Half-space comparison of perimeter

Question

Claim: suppose that $E$ is a set of finite perimeter, and $H$ is a half space. Then $P(F\cap H)\le P(F)$. In words: restricting a Caccioppoli set to a half-space will not increase the perimeter.

My question: how to prove this?

I have a feeling it should be very simple, as in Almgren, Taylor, Wang's paper "Curvature-driven flows: a variational appraoch", it is claimed that it follows from "Stokes' theorem and Jensen's inequality". However, I'm having trouble to apply Jensen's inequality to this problem, except in trivial cases that boil down to linearity of the integral.

EDIT: Although no satisfying answer has been given as to what Jensen has to do with this theorem, a complete proof has been given.
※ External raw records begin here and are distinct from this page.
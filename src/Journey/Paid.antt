-- ===== src/Journey/Paid.antt =====
-- A packet of the library of a BBS, from a user who may send and can pay, becomes a message in the
-- storage.
use aka_smsd.Common.{leb, false}
use aka_smsd.Sms.{sms_message_size}
use aka_smsd.Common.{
  ℕ, ◌+◌, ◌%◌, ◌^◌, ◌≤◌, ◌<◌, ◌≡◌, refl, ◌∙◌, arith, Bool, true, if◌then◌else◌, some, List, [], ◌∷◌,
  ◌++◌, length, take_all,
}
use aka_smsd.Common.Int.{ℤ, pos, ◌+ℤ◌, ◌≤ℤ◌}
use aka_smsd.Common.Text.{IsText}
use aka_smsd.Common.Code
use aka_smsd.Wire.Cmd
use aka_smsd.Sms.{SmsMessage, sms_message_size, max_child_code_len}
use aka_smsd.Gateway.Message.{sender_of, generate_sms}
use aka_smsd.Gateway.World.{Row, add_money, Env, Gw, done, M, ◌>>=◌, pure}
use aka_smsd.Gateway.Billing.{
  can_pay, key_of, count_money, get_fee, write_to_storage, charge, send_sms,
}
use aka_smsd.Gateway.Dispatch.{is_confirmed, can_send_sms, send_made, do_send}
use aka_smsd.Client.Frames.{packet}
use aka_smsd.Client.Calls.{do_send-send_packet}
use aka_smsd.Gateway.World.{bind_done}

-- The message that the gateway makes for a user of a BBS.
abbrev pub made : List ℕ → ℕ → ℕ → List ℕ → List ℕ → List ℕ → SmsMessage
made code clock user source target text = record {
  length = (sms_message_size + length text) % 2 ^ 32;
  sender_number = sender_of code user;
  target_number = target;
  fee_type = pos 6;
  fee_target_number = source;
  child_code = code;
  parent_id = [];
  sms_type = pos 0;
  send_time = clock;
  arrive_time = 0;
  service_code = [];
  fee_money = pos 10;
  body_length = length text;
  body = text;
}

can_pay_iff :
    (fee : ℤ) (row : Row) → row.today_money +ℤ fee ≤ℤ row.money_limit → can_pay fee row ≡ true
unfolding ◌+ℤ◌
can_pay_iff fee row h = ground arith

module _ (env : Env) where
  generate_sms-made :
      (user : ℕ) (source target text : List ℕ) (s : Gw env)
      → length s.child_code ≤ max_child_code_len
      → length source ≤ 16
      → length target ≤ 16
      → sms_message_size + length text < 2 ^ 32
      → ((n : ℕ) → env.malloc n ≡ true)
      → generate_sms env user target source text (pos 6) s
        ≡ done (some (made s.child_code s.clock user source target text), s)
  unfolding generate_sms
  generate_sms-made user source target text s code short short' small memory =
      let fits : leb (2 ^ 32) (180 + length text) ≡ false = ground (arith, small) in
      rw
        (
          memory ((180 + length text) % 2 ^ 32),
          fits,
          take_all 16 target short',
          take_all 16 source short,
          take_all 4 s.child_code code,
        )
        refl

  can_send_sms-confirmed :
      (source user_id : List ℕ) (s : Gw env) (row : Row)
      → s.checker_code ≡ s.child_code
      → env.select s.db (key_of env s source user_id) ≡ some (row ∷ [])
      → row.validatation_number ≡ []
      → can_send_sms env source user_id s ≡ done (true, s)
  unfolding can_send_sms
  can_send_sms-confirmed source user_id s row same found confirmed =
      let is : is_confirmed row ≡ true = rw confirmed refl in ground (arith, same, found, is)

  count_money-pays :
      (source user_id : List ℕ) (fee : ℤ) (s : Gw env) (row : Row) (db' : env.Store)
      → env.select s.db (key_of env s source user_id) ≡ some (row ∷ [])
      → row.today_money +ℤ fee ≤ℤ row.money_limit
      → env.exec s.db (add_money (key_of env s source user_id) fee) ≡ some db'
      → count_money env source user_id fee s ≡ done (Cmd.ok, record s { db = db' })
  unfolding count_money
  count_money-pays source user_id fee s row db' found pays added =
      let payable = can_pay_iff fee row pays in ground (arith, found, payable, added)

  get_fee-first :
      (fee : ℤ) (fees : List ℤ) (s : Gw env)
      → env.select_fee s.db (pos 6) ≡ some (fee ∷ fees)
      → get_fee env (pos 6) s ≡ done (some fee, s)
  unfolding get_fee
  get_fee-first fee fees s found = rw (found, get_fee) refl

  write_to_storage-takes :
      (sms : SmsMessage) (s : Gw env) (disk' : env.Disk)
      → env.write_sms s.disk sms.sender_number sms.target_number sms ≡ (disk', Code.success)
      → write_to_storage env sms s ≡ done (Cmd.ok, record s { disk = disk' })
  unfolding write_to_storage
  write_to_storage-takes sms s disk' taken = rw (taken, write_to_storage) refl

  -- A message that its sender can pay and that the storage takes.
  send_sms-paid :
      (sms : SmsMessage) (source user_id : List ℕ) (fee : ℤ) (fees : List ℤ) (row : Row)
      (db' : env.Store) (disk' : env.Disk) (s : Gw env)
      → sms.fee_type ≡ pos 6
      → sms.fee_target_number ≡ source
      → env.select_fee s.db (pos 6) ≡ some (fee ∷ fees)
      → env.select s.db (key_of env s source user_id) ≡ some (row ∷ [])
      → row.today_money +ℤ fee ≤ℤ row.money_limit
      → env.exec s.db (add_money (key_of env s source user_id) fee) ≡ some db'
      → env.write_sms s.disk sms.sender_number sms.target_number sms ≡ (disk', Code.success)
      → send_sms env sms (some user_id) true s ≡ done (Cmd.ok, record s { db = db'; disk = disk' })
  unfolding send_sms charge
  send_sms-paid sms source user_id fee fees row db' disk' s kind payer price found pays added
        taken =
      let got : get_fee env sms.fee_type s ≡ done (some fee, s) =
        rw kind (get_fee-first fee fees s price) in
      let paid : count_money env sms.fee_target_number user_id fee s
          ≡ done (Cmd.ok, record s { db = db' }) =
        rw payer (count_money-pays source user_id fee s row db' found pays added) in
      let stored = write_to_storage-takes sms (record s { db = db' }) disk' taken in
      ground (arith, got, paid, stored)

  -- A packet of the library, from a confirmed user who can pay.
  pub do_send-paid :
      (serial pid user : ℕ) (user_id source target text rest : List ℕ) (fee : ℤ) (fees : List ℤ)
      (row : Row) (db' : env.Store) (disk' : env.Disk) (s : Gw env)
      → user < 2 ^ 31
      → sms_message_size + length text < 2 ^ 32
      → IsText user_id
      → length user_id ≤ 13
      → IsText source
      → length source ≤ 16
      → IsText target
      → length target ≤ 16
      → length s.child_code ≤ max_child_code_len
      → s.checker_code ≡ s.child_code
      → ((n : ℕ) → env.malloc n ≡ true)
      → env.select s.db (key_of env s source user_id) ≡ some (row ∷ [])
      → row.validatation_number ≡ []
      → env.select_fee s.db (pos 6) ≡ some (fee ∷ fees)
      → row.today_money +ℤ fee ≤ℤ row.money_limit
      → env.exec s.db (add_money (key_of env s source user_id) fee) ≡ some db'
      → env.write_sms s.disk
          (sender_of s.child_code user)
          target
          (made s.child_code s.clock user source target text)
        ≡ (disk', Code.success)
      → do_send env (packet serial pid user user_id source target (length text) (text ++ rest)) s
        ≡ done (Cmd.ok, record s { db = db'; disk = disk' })
  unfolding send_made
  do_send-paid serial pid user user_id source target text rest fee fees row db' disk' s small
        text_small id_text id_short source_text source_short target_text target_short code same
        memory found confirmed price pays added taken =
      let sms : SmsMessage = made s.child_code s.clock user source target text in
      let act : Bool → M env ℕ = λ allowed.
        if allowed
        then (do sms ← generate_sms env user target source text (pos 6); send_made env user_id sms)
        else pure {env = env} Cmd.sms_validate_failed in
      let allowed = can_send_sms-confirmed source user_id s row same found confirmed in
      let generated =
        generate_sms-made user source target text s code source_short target_short text_small
          memory in
      let call =
        do_send-send_packet env s serial pid user user_id source target text rest (omega arith)
          (omega arith) id_text source_text target_text in
      (rw
        (
          take_all 16 source source_short,
          take_all 13 user_id id_short,
          take_all 16 target target_short,
        )
        at call)
      ∙ bind_done {env = env} (can_send_sms env source user_id) act s s true allowed
      ∙ bind_done {env = env} (generate_sms env user target source text (pos 6))
          (send_made env user_id) s s (some sms) generated
      ∙ send_sms-paid sms source user_id fee fees row db' disk' s refl refl price found pays added
          taken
I've accepted this as an answer.

Answer 1

Hello Martijn,

i guess the following argument should work:

For simplicity I shall assume that $E$ is bounded, i.e. there exists some ball $B_R(0)\subset \mathbb R^n$ strictly containing $E$. W.l.o.g. we may also assume that $H =$ {$x\in \mathbb R^n:x_n < r$} for some $r$. It holds the following (see the book of Giusti for details) $$P(E \cap H)=P(E,H)+\int_{\partial H}\phi_E^+ d\mathcal H^{n-1},$$ where $\phi_E^+$ denotes the inner trace of the characteristic function $\chi_E$ of $E$ on $\partial H$. Now by definition of the trace operator we have (inserting the vector field $X=-\eta e_n$, where $\eta$ is some smooth cutoff function that equals $1$ on $B_R(0)$) \begin{align} 0&=\int_{E\setminus \overline H}div X d\mathcal L^n=-\int_{\mathbb R^n \setminus \overline H} \langle e_n,\nu_E \rangle d\mu_E - \int_{\partial H}\phi_E^{-}\langle e_n,\nu_H\rangle d\mathcal H^{n-1}, \end{align} where $\nu_H$ denotes the outer unit normal to $H$, $\nu_E$ denotes the generalized outer unit normal of $E$ and $\phi_E^-$ is the outer trace of $E$ on $\partial H$. But since $\nu_H=e_n$ we get, using Cauchy-Schwarz' inequality: $$\int_{\partial H}\phi_E^- d\mathcal H^{n-1} \leq P(E,\mathbb R^n \setminus \overline H),$$ and so for a.e. value of $r$, $\phi_E^+=\phi_E^-$ $\mathcal H^{n-1}$-a.e. on $\partial H$, which yields $$P(E \cap H)\leq P(E,H)+P(E,\mathbb R^n \setminus \overline H)=P(E). $$ For an arbitrary value of $r$ just choose a sequence of values $r_k\to r$ for which this is satisfies. Then $E\cap H_{r_k} \to E \cap H$ in $L_{loc}^1(\mathbb R^n)$. Using the lower semi-continuity of the perimeter you get the claim for all values of $r$.